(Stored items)

-- ===== src/Syscall/Io.antt =====
-- The calls of kernel/syscall/syscall.c that reach the console, the keyboard and the file system.
--
-- A path of the application is read up to its NUL, at most 65536 bytes of it.
use eclipse32_gui.Base.{
  ℕ, ◌*◌, ◌/◌, ◌%◌, ◌^◌, Bool, not, ◌||◌, Option, none, some, List, [], ◌∷◌, ◌++◌, if◌then◌else◌,
  ◌==◌, ltb, length, replicate, min,
}
use eclipse32_gui.Base.Int.{ℤ, pos, negsuc, ltb_ℤ}
use eclipse32_gui.KString.{kstrncpy}
use eclipse32_gui.Fat.{M}
use eclipse32_gui.Fat.Files.{to_int32, fat32_seek}
use eclipse32_gui.Fat.Open.{fat32_open, fat32_close}
use eclipse32_gui.Fat.Transfer.{fat32_read, fat32_write}
use eclipse32_gui.Fat.Listing.{DirEntry, fat32_readdir}
use eclipse32_gui.Fat.Ops.{Stat, fat32_stat, fat32_mkdir, fat32_delete, fat32_rename}
use eclipse32_gui.Syscall.{
  Sys, Result, give, fail, ptr_ok, translate_app_ptr, load_bytes, c_string, reading, storing,
}
use eclipse32_gui.Syscall.Line.{Line, read_line}

-- An action of the file system.
abbrev pub run : {A : Type 0} → M A → Sys → A × Sys
run m s = let (a, fs') = m s.fs in (a, record s { fs = fs' })

abbrev path_at : Sys → ℕ → List ℕ
path_at s p = c_string 65536 p s.mem

abbrev reading_path : ℕ → Sys → Result → Result
reading_path p s r = reading p (path_at s p ++ 0 ∷ []) s r

abbrev bytes32 : ℕ → List ℕ
bytes32 v = v % 256 ∷ v / 256 % 256 ∷ v / 65536 % 256 ∷ v / 16777216 % 256 ∷ []

abbrev bool32 : Bool → List ℕ
bool32 b = (if b then 1 else 0) ∷ 0 ∷ 0 ∷ 0 ∷ []

abbrev pub status : Bool × Sys → Result
status (ok, s) = give (if ok then pos 0 else negsuc 0) s

abbrev pub put_line : ℕ → Option Line → List ℕ → Sys → Result
put_line buf none bytes s = none
put_line buf (some l) bytes s =
    storing buf bytes (pos (length bytes)) (record s { out = s.out ++ l.echo; keys = l.rest })

abbrev rev_onto : List ℕ → List ℕ → List ℕ
rev_onto [] ys = ys
rev_onto (x ∷ xs) ys = rev_onto xs (x ∷ ys)

abbrev pub line_bytes : Option Line → List ℕ
line_bytes none = []
line_bytes (some l) = rev_onto l.kbuf []

unfoldable pub sys_write : ℕ → ℕ → ℕ → Sys → Result
sys_write fd ptr len s =
    let buf = translate_app_ptr s ptr len in
    let bytes = load_bytes len buf s.mem in
    if len == 0
    then give (pos 0) s
    else if not (ptr_ok buf)
    then fail s
    else reading buf bytes s (
        if fd == 1 || fd == 2
        then give (to_int32 len) (record s { out = s.out ++ bytes })
        else some (run (fat32_write (to_int32 fd) bytes) s))

abbrev pub file_read : ℕ → (ℤ × List ℕ) × Sys → Result
file_read buf ((n, bytes), s) = storing buf bytes n s

unfoldable pub sys_read : ℕ → ℕ → ℕ → Sys → Result
sys_read fd ptr len s =
    let buf = translate_app_ptr s ptr len in
    let line = read_line (min len 512) [] [] s.keys in
    if len == 0
    then give (pos 0) s
    else if not (ptr_ok buf)
    then fail s
    else if fd == 0
    then put_line buf line (line_bytes line) s
    else file_read buf (run (fat32_read (to_int32 fd) len) s)

unfoldable pub sys_open : ℕ → ℕ → Sys → Result
sys_open ptr flags s =
    let path = translate_app_ptr s ptr 1 in
    if not (ptr_ok path)
    then fail s
    else reading_path path s (some (run (fat32_open (path_at s path) flags s.unset) s))

unfoldable pub sys_close : ℕ → Sys → Result
sys_close fd s = some (run (fat32_close (to_int32 fd)) s)

unfoldable pub sys_seek : ℕ → ℕ → ℕ → Sys → Result
sys_seek fd off whence s = some (run (fat32_seek (to_int32 fd) (to_int32 off) whence) s)

abbrev pub put_stat : ℕ → Option Stat × Sys → Result
put_stat st (none, s) = fail s
put_stat st (some k, s) = storing st (bytes32 k.size ++ bool32 k.is_dir) (pos 0) s

unfoldable pub sys_fstat : ℕ → ℕ → Sys → Result
sys_fstat ptr st_ptr s =
    let path = translate_app_ptr s ptr 1 in
    let st = translate_app_ptr s st_ptr 8 in
    if not (ptr_ok path) || not (ptr_ok st)
    then fail s
    else reading_path path s (put_stat st (run (fat32_stat (path_at s path) s.unset) s))

abbrev pub read_and_close : ℕ → ℕ → ℤ × Sys → Result
read_and_close buf len (fd, s) =
    let ((n, bytes), s') = run (fat32_read fd len) s in
    let (r, s'') = run (fat32_close fd) s' in
    if ltb_ℤ fd (pos 0) then fail s else storing buf bytes n s''

unfoldable pub sys_readfile : ℕ → ℕ → ℕ → Sys → Result
sys_readfile ptr buf_ptr len s =
    let path = translate_app_ptr s ptr 1 in
    let buf = translate_app_ptr s buf_ptr len in
    if not (ptr_ok path) || not (ptr_ok buf)
    then fail s
    else reading_path path s
        (read_and_close buf len (run (fat32_open (path_at s path) 0 s.unset) s))

unfoldable pub sys_mkdir : ℕ → Sys → Result
sys_mkdir ptr s =
    let path = translate_app_ptr s ptr 1 in
    if not (ptr_ok path)
    then fail s
    else reading_path path s (status (run (fat32_mkdir (path_at s path) s.unset) s))

unfoldable pub sys_unlink : ℕ → Sys → Result
sys_unlink ptr s =
    let path = translate_app_ptr s ptr 1 in
    if not (ptr_ok path)
    then fail s
    else reading_path path s (status (run (fat32_delete (path_at s path) s.unset) s))

unfoldable pub sys_rename : ℕ → ℕ → Sys → Result
sys_rename old_ptr new_ptr s =
    let old = translate_app_ptr s old_ptr 1 in
    let new = translate_app_ptr s new_ptr 1 in
    if not (ptr_ok old) || not (ptr_ok new)
    then fail s
    else reading_path old s
        (reading_path new s (status (run (fat32_rename (path_at s old) (path_at s new) s.unset) s)))

-- The bytes of a `sys_dirent_t`.
abbrev dirent_bytes : DirEntry → List ℕ
dirent_bytes e =
    kstrncpy (replicate 255 0) e.name 255
    ++ (0 ∷ bytes32 e.size)
    ++ bytes32 e.cluster
    ++ bool32 e.is_dir
    ++ bool32 e.is_hidden

abbrev pub entries_bytes : List DirEntry → List ℕ
entries_bytes [] = []
entries_bytes (e ∷ es) = dirent_bytes e ++ entries_bytes es

abbrev pub put_listing : ℕ → Option (List DirEntry) × Sys → Result
put_listing p (none, s) = fail s
put_listing p (some es, s) = storing p (entries_bytes es) (pos (length es)) s

-- The count is an `int`: from 2 ^ 31 on it is negative, and nothing is listed.
unfoldable pub sys_readdir : ℕ → ℕ → ℕ → Sys → Result
sys_readdir ptr ent_ptr max_ent s =
    let cap = if ltb max_ent (2 ^ 31) then min max_ent 64 else max_ent in
    let room = if ltb max_ent (2 ^ 31) then cap else 0 in
    let path = translate_app_ptr s ptr 1 in
    let ents = translate_app_ptr s ent_ptr (cap * 272 % 2 ^ 32) in
    if max_ent == 0
    then give (pos 0) s
    else if not (ptr_ok path) || not (ptr_ok ents)
    then fail s
    else reading_path path s
        (put_listing ents (run (fat32_readdir (path_at s path) room s.unset) s))
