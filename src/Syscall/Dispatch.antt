-- ===== src/Syscall/Dispatch.antt =====
-- The table and the dispatcher of kernel/syscall/syscall.c. The registers are the call's number and
-- its first three arguments; no call reads the others.
use eclipse32_gui.Base.{ℕ, zero, suc, Option, none, some, List, [], ◌∷◌}
use eclipse32_gui.Base.Int.{ℤ, pos, negsuc}
use eclipse32_gui.Fat.Files.{to_int32, to_word}
use eclipse32_gui.Syscall.{
  Sys, Result, give, sys_exit, sys_brk, sys_sleep_ms, sys_isatty, sys_getcwd,
}
use eclipse32_gui.Syscall.Io.{
  sys_write, sys_read, sys_open, sys_close, sys_seek, sys_fstat, sys_readfile, sys_mkdir,
  sys_unlink, sys_rename, sys_readdir,
}

abbrev pub enosys : ℤ
enosys = negsuc 37

-- The calls, from the number 1 on.
abbrev pub calls : List (ℕ → ℕ → ℕ → Sys → Result)
calls =
    sys_write
    ∷ sys_read
    ∷ (λ a b c. sys_open a b)
    ∷ (λ a b c. sys_close a)
    ∷ sys_seek
    ∷ (λ a b c. sys_fstat a b)
    ∷ sys_readfile
    ∷ (λ a b c. sys_exit a)
    ∷ (λ a b c. sys_mkdir a)
    ∷ (λ a b c. sys_unlink a)
    ∷ (λ a b c. sys_rename a b)
    ∷ sys_readdir
    ∷ (λ a b c s. give (to_int32 s.ms) s)
    ∷ (λ a b c. sys_sleep_ms a)
    ∷ (λ a b c. sys_brk a)
    ∷ (λ a b c. give (pos 1))
    ∷ (λ a b c. sys_isatty a)
    ∷ (λ a b c. sys_getcwd a b)
    ∷ (λ a b c. give enosys)
    ∷ []

abbrev pub call_at : List (ℕ → ℕ → ℕ → Sys → Result) → ℕ → Option (ℕ → ℕ → ℕ → Sys → Result)
call_at l zero = none
call_at [] (suc n) = none
call_at (f ∷ l) (suc zero) = some f
call_at (f ∷ l) (suc (suc n)) = call_at l (suc n)

abbrev pub syscall_table : ℕ → Option (ℕ → ℕ → ℕ → Sys → Result)
syscall_table num = call_at calls num

abbrev pub to_eax : Result → Option (ℕ × Sys)
to_eax none = none
to_eax (some (v, s)) = some (to_word v, s)

abbrev pub call_or_refuse : Option (ℕ → ℕ → ℕ → Sys → Result) → ℕ → ℕ → ℕ → Sys → Option (ℕ × Sys)
call_or_refuse none a b c s = some (to_word enosys, s)
call_or_refuse (some f) a b c s = to_eax (f a b c s)

-- The value of `eax` after the call, and the state; `none` while the call waits for a key.
unfoldable pub syscall_dispatch : ℕ → ℕ → ℕ → ℕ → Sys → Option (ℕ × Sys)
syscall_dispatch num a b c s = call_or_refuse (syscall_table num) a b c s
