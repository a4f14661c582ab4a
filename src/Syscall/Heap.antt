-- ===== src/Syscall/Heap.antt =====
-- The application's heap in kernel/syscall/syscall.c, which `sys_brk` moves the end of.
use eclipse32_gui.Base.{ℕ, ◌^◌, ◌≤◌, ◌<◌, ◌≡◌, arith}
use eclipse32_gui.Fat.Files.{to_int32, to_word}
use eclipse32_gui.Syscall.{Sys}

-- The break lies in the application's heap.
abbrev pub HeapInOrder : Sys → Type 0
HeapInOrder s = (s.brk_base ≤ s.brk_current) × (s.brk_current ≤ s.brk_limit)

pub to_word-to_int32 : (w : ℕ) → w < 2 ^ 32 → to_word (to_int32 w) ≡ w
to_word-to_int32 w h = ground (arith, h)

## PROMPT
All lines of the entries containing the string "length" must be shown in full.

## SOLUTION BELOW
  ◌==◌, ltb, length, replicate, min,
    storing buf bytes (pos (length bytes)) (record s { out = s.out ++ l.echo; keys = l.rest })
put_listing p (some es, s) = storing p (entries_bytes es) (pos (length es)) s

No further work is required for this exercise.